Die deutsche Wirtschaft investiert in Relation zu den wirtschaftlichen Potenzialen Marokkos recht wenig. Sowohl das wertmäßige Investitionsvolumen als auch die Projektanzahl blieben überschaubar: Der Bestand der deutschen Direktinvestitionen hatte sich laut den jüngsten Angaben der Deutschen Bundesbank 2021 auf 1,3 Milliarden Euro kumuliert. Doch macht dieser Betrag einen Anteil von lediglich 0,09 Prozent am gesamten Kapitalbestand deutscher Unternehmen im Ausland aus. Zumindest scheint nach 2020 Bewegung in die deutschen Direktinvestitionen gekommen zu sein, wie die nachfolgende Grafik veranschaulicht.

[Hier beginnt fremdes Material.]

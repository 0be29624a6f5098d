-- ===== src/Exchange/Steps.antt =====
-- What the threads know of the slot, and that every step of every thread keeps it.
use utd_cs6v81_spring.Base.{
  ℕ, ◌+◌, ◌*◌, ◌/◌, ◌%◌, ◌≤◌, ◌≡◌, ◌≢◌, refl, Bool, true, false, ◌==◌, Option, some, Bool-cases,
  inl, inr, arith, if◌then◌else◌,
}
use utd_cs6v81_spring.Times.{Timespec, less, greater}
use utd_cs6v81_spring.Exchange.{
  Pc, entering, checking, reading, offering, taking, watching, looking, withdrawing, collecting,
  clearing, returned, timed_out, watch, move,
}
use utd_cs6v81_spring.Exchange.Slot.{
  ExchangeState, code, get, compare_and_set, empty, waiting, busy, word-add,
}

abbrev pub one_if : Bool → ℕ
one_if b = if b then 1 else 0

-- Whether the thread has an offer in the slot, or an answer to it.
abbrev pub owns : Pc → ℕ
owns (watching n bound) = 1
owns (looking n bound current) = 1
owns (withdrawing n) = 1
owns (collecting n) = 1
owns (clearing item) = 1
owns p = 0

abbrev pub occupied : ℕ → ℕ
occupied w = if w == 0 then 0 else 1

-- How often the thread holds the node `v`; the node of an owner is in the slot.
abbrev pub holds : ℕ → Pc → ℕ
holds v (entering n) = one_if (n == v)
holds v (checking n bound) = one_if (n == v)
holds v (reading n bound current) = one_if (n == v)
holds v (offering n bound current item) = one_if (n == v)
holds v (taking n bound item) = one_if (n == v)
holds v (returned item) = one_if (item == v)
holds v (timed_out n) = one_if (n == v)
holds v p = 0

abbrev pub slot_holds : ℕ → ℕ → ℕ
slot_holds v w = if w == 0 then 0 else one_if (w / 4 * 4 == v)

-- The words that occur.
abbrev pub IsWord : ℕ → Type 0
IsWord w = (w % 4 ≢ 3) × (w % 4 ≡ 0 → w ≡ 0)

-- An owner's node stands in the slot until another thread answers.
abbrev pub Offered : ℕ → ℕ → Type 0
Offered w n = (n % 4 ≡ 0) × (w % 4 ≡ 1 → w ≡ n + 1)

abbrev pub Knows : ℕ → Pc → Type 0
Knows w (entering n) = n % 4 ≡ 0
Knows w (checking n bound) = n % 4 ≡ 0
Knows w (reading n bound current) = n % 4 ≡ 0
Knows w (offering n bound current item) = (n % 4 ≡ 0) × (item ≡ 0)
Knows w (taking n bound item) = (n % 4 ≡ 0) × (item % 4 ≡ 0)
Knows w (watching n bound) = Offered w n
Knows w (looking n bound current) = Offered w n
Knows w (withdrawing n) = Offered w n
Knows w (collecting n) = (n % 4 ≡ 0) × (w % 4 ≡ 2)
Knows w (clearing item) = (item % 4 ≡ 0) × (w ≡ item + 2)
Knows w (returned item) = item % 4 ≡ 0
Knows w (timed_out n) = n % 4 ≡ 0

-- What a step from word `w` and place `p` to `w'` and `p'` keeps: the knowledge of the thread and of
-- every other, the slot's owner, and the nodes.
pub record Kept (w : ℕ) (p : Pc) (w' : ℕ) (p' : Pc) : Type 0 where
  pub is_word : IsWord w'
  pub knows : Knows w' p'
  pub others : (q : Pc) → owns p + owns q ≤ occupied w → Knows w q → Knows w' q
  pub owner : owns p' + occupied w ≡ owns p + occupied w'
  pub nodes : (v : ℕ) → slot_holds v w' + holds v p' ≡ slot_holds v w + holds v p

-- The word stays, and the thread still owns as much.
stay :
    (w : ℕ) (p p' : Pc)
    → IsWord w
    → Knows w p'
    → owns p' ≡ owns p
    → ((v : ℕ) → holds v p' ≡ holds v p)
    → Kept w p w p'
stay w p p' i k e h = record {
  is_word = i;
  knows = k;
  others = λ q few known. known;
  owner = omega (arith, e);
  nodes = λ v. omega (arith, h v);
}

-- What `get` gives on the words that occur.
data Got (w : ℕ) (g : ℕ × Option ExchangeState) : Type 0 where
  vacant : w ≡ 0 → g ≡ (0, some empty) → Got w g
  offered : w % 4 ≡ 1 → g ≡ (w / 4 * 4, some waiting) → Got w g
  answered : w % 4 ≡ 2 → g ≡ (w / 4 * 4, some busy) → Got w g

get-Got : (w : ℕ) → IsWord w → Got w (get w)
unfolding get
get-Got w i = elim (Bool-cases (w % 4 == 0)) [
  | inl zero ↦ vacant (ground (arith, i)) (ground (arith, i))
  | inr some_bits ↦ elim (Bool-cases (w % 4 == 1)) [
    | inl one ↦ offered (ground arith) (ground arith)
    | inr other ↦ answered (ground (arith, i)) (ground (arith, i))
  ]
]

get-busy : (w : ℕ) → w % 4 ≡ 2 → ((get w).0 % 4 ≡ 0) × (w ≡ (get w).0 + 2)
unfolding get
get-busy w h = omega arith

-- What a compare and swap of aligned nodes gives.
data Swap (w old new : ℕ) (r : Bool × ℕ) : Type 0 where
  hit : w ≡ old → r ≡ (true, new) → Swap w old new r
  miss : w ≢ old → r ≡ (false, w) → Swap w old new r

swap :
    (w m n : ℕ) (s t : ExchangeState)
    → m % 4 ≡ 0
    → n % 4 ≡ 0
    → Swap w (m + code s) (n + code t) (compare_and_set w m n s t)
unfolding compare_and_set
swap w m n s t hm hn =
    rw (word-add m s hm, word-add n t hn)
      (elim (Bool-cases (w == m + code s)) [
        | inl same ↦ rw same (hit (ground arith) refl)
        | inr differs ↦ rw differs (miss (λ e. ground arith) refl)
      ])

either :
    (P : Pc → Type 0) (n : ℕ) (bound current : Timespec)
    → P (watching n bound)
    → P (withdrawing n)
    → P (watch n bound current)
either P n bound current a b = elim (Bool-cases (less current bound)) [
  | inl early ↦ rw early a
  | inr late ↦ rw late b
]

-- A thread that owns nothing knows nothing of the slot, and an owner is ready for the answer.
Knows-other : (w w' : ℕ) (q : Pc) → owns q ≡ 0 → Knows w q → Knows w' q
Knows-other w w' (entering n) e k = k
Knows-other w w' (checking n bound) e k = k
Knows-other w w' (reading n bound current) e k = k
Knows-other w w' (offering n bound current item) e k = k
Knows-other w w' (taking n bound item) e k = k
Knows-other w w' (watching n bound) e k = absurd (omega arith)
Knows-other w w' (looking n bound current) e k = absurd (omega arith)
Knows-other w w' (withdrawing n) e k = absurd (omega arith)
Knows-other w w' (collecting n) e k = absurd (omega arith)
Knows-other w w' (clearing item) e k = absurd (omega arith)
Knows-other w w' (returned item) e k = k
Knows-other w w' (timed_out n) e k = k

Knows-answered : (w w' : ℕ) (q : Pc) → w % 4 ≡ 1 → w' % 4 ≡ 2 → Knows w q → Knows w' q
Knows-answered w w' (entering n) o a k = k
Knows-answered w w' (checking n bound) o a k = k
Knows-answered w w' (reading n bound current) o a k = k
Knows-answered w w' (offering n bound current item) o a k = k
Knows-answered w w' (taking n bound item) o a k = k
Knows-answered w w' (watching n bound) o a k = (k.0, λ one. absurd (omega arith))
Knows-answered w w' (looking n bound current) o a k = (k.0, λ one. absurd (omega arith))
Knows-answered w w' (withdrawing n) o a k = (k.0, λ one. absurd (omega arith))
Knows-answered w w' (collecting n) o a k = absurd (omega (arith, k))
Knows-answered w w' (clearing item) o a k = absurd (omega (arith, k))
Knows-answered w w' (returned item) o a k = k
Knows-answered w w' (timed_out n) o a k = k

slot_held : (w n b v : ℕ) → n % 4 ≡ 0 → w ≡ n + b → 1 ≤ b → b ≤ 2 → slot_holds v w ≡ one_if (n == v)
slot_held w n b v h e lo hi =
    let node : w / 4 * 4 ≡ n = omega arith in rw node (ground (arith, e, lo))

-- The four steps that write the slot.
module _ (w n : ℕ) (aligned : n % 4 ≡ 0) where
  offer_Kept :
      (item : ℕ) (bound current : Timespec) (p' : Pc)
      → w ≡ 0
      → Knows (n + 1) p'
      → owns p' ≡ 1
      → ((v : ℕ) → holds v p' ≡ 0)
      → Kept w (offering n bound current item) (n + 1) p'
  offer_Kept item bound current p' e k own h = record {
    is_word = ((λ q. omega (arith, q)), λ q. absurd (omega arith));
    knows = k;
    others = λ q few known. Knows-other w (n + 1) q (ground (arith, few, e)) known;
    owner = ground (arith, e, own);
    nodes = λ v.
        ground (arith, h v, e, slot_held (n + 1) n 1 v aligned refl (omega arith) (omega arith));
  }

  answer_Kept :
      (item : ℕ) (bound : Timespec)
      → item % 4 ≡ 0
      → w ≡ item + 1
      → Kept w (taking n bound item) (n + 2) (returned item)
  answer_Kept item bound h e = record {
    is_word = ((λ q. omega (arith, q)), λ q. absurd (omega arith));
    knows = h;
    others = λ q few known. Knows-answered w (n + 2) q (omega arith) (omega arith) known;
    owner = ground (arith, e);
    nodes = λ v. omega (
      arith,
      slot_held (n + 2) n 2 v aligned refl (omega arith) (omega arith),
      slot_held (w) item 1 v h e (omega arith) (omega arith),
    );
  }

  withdraw_Kept : w ≡ n + 1 → Kept w (withdrawing n) 0 (timed_out n)
  withdraw_Kept e = record {
    is_word = ((λ q. omega arith), λ q. refl);
    knows = aligned;
    others = λ q few known. Knows-other w 0 q (ground (arith, few, e)) known;
    owner = ground (arith, e);
    nodes = λ v. omega (arith, slot_held (w) n 1 v aligned e (omega arith) (omega arith));
  }

  clear_Kept : w ≡ n + 2 → Kept w (clearing n) 0 (returned n)
  clear_Kept e = record {
    is_word = ((λ q. omega arith), λ q. refl);
    knows = aligned;
    others = λ q few known. Knows-other w 0 q (ground (arith, few, e)) known;
    owner = ground (arith, e);
    nodes = λ v. omega (arith, slot_held (w) n 2 v aligned e (omega arith) (omega arith));
  }

module _ (w : ℕ) (now : Timespec) (i : IsWord w) where
  pub move-Kept :
      (p : Pc) → Knows w p → owns p ≤ occupied w → Kept w p (move w p now).0 (move w p now).1
  unfolding move
  move-Kept (entering n) k few = stay w _ _ i k refl (λ v. refl)
  move-Kept (checking n bound) k few = elim (Bool-cases (greater now bound)) [
    | inl late ↦ rw late (stay w _ _ i k refl (λ v. refl))
    | inr early ↦ rw early (stay w _ _ i k refl (λ v. refl))
  ]
  move-Kept (reading n bound current) k few = elim (get-Got w i) [
    | vacant z g ↦ rw g (stay w _ _ i (k, refl) refl (λ v. refl))
    | offered o g ↦ rw g (stay w _ _ i (k, omega arith) refl (λ v. refl))
    | answered o g ↦ rw g (stay w _ _ i k refl (λ v. refl))
  ]
  move-Kept (offering n bound current item) k few =
      elim (swap w item n empty waiting (omega (arith, k.1)) k.0) [
        | hit e g ↦ rw g (
            either (Kept w (offering n bound current item) (n + 1)) n bound current
              (offer_Kept w n k.0 item bound current _ (omega (arith, e, k.1)) (k.0, λ q. refl) refl
                (λ v. refl))
              (offer_Kept w n k.0 item bound current _ (omega (arith, e, k.1)) (k.0, λ q. refl) refl
                (λ v. refl)))
        | miss e g ↦ rw g (stay w _ _ i k.0 refl (λ v. refl))
      ]
  move-Kept (taking n bound item) k few = elim (swap w item n waiting busy k.1 k.0) [
    | hit e g ↦ rw g (answer_Kept w n k.0 item bound k.1 e)
    | miss e g ↦ rw g (stay w _ _ i k.0 refl (λ v. refl))
  ]
  move-Kept (watching n bound) k few = stay w _ _ i k refl (λ v. refl)
  move-Kept (looking n bound current) k few = elim (get-Got w i) [
    | vacant z g ↦ rw g (absurd (ground (arith, z, few)))
    | offered o g ↦ rw g (
        either (Kept w (looking n bound current) w) n bound current
          (stay w _ _ i k refl (λ v. refl)) (stay w _ _ i k refl (λ v. refl)))
    | answered o g ↦ rw g (stay w _ _ i (omega arith) refl (λ v. refl))
  ]
  move-Kept (withdrawing n) k few = elim (swap w n 0 waiting empty k.0 refl) [
    | hit e g ↦ rw g (withdraw_Kept w n k.0 e)
    | miss e g ↦ rw g (stay w _ _ i (k.0, ground (arith, i, few, k, e)) refl (λ v. refl))
  ]
  move-Kept (collecting n) k few = stay w _ _ i (get-busy w k.1) refl (λ v. refl)
  move-Kept (clearing item) k few = rw (word-add 0 empty refl) (clear_Kept w item k.0 k.1)
  move-Kept (returned item) k few = stay w _ _ i k refl (λ v. refl)
  move-Kept (timed_out n) k few = stay w _ _ i k refl (λ v. refl)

Auch die Zahl der investierenden deutschen Firmen weist einen Anstieg auf: Hatten sich 2022 lediglich drei Unternehmen für eine Direktinvestition entschieden, waren es 2023 schon elf. Damit waren zum Jahreswechsel 2023/24 insgesamt 29 deutsche Unternehmen mit einer eigenen Dienstleistungsinfrastruktur beziehungsweise einer eigenen Montage permanent vor Ort. Unter den Herkunftsländern für Direktinvestitionen lag Deutschland gemessen an der Firmenzahl damit auf Rang vier nach Frankreich (78 Firmen), den USA (39 Firmen) und Spanien (35 Firmen).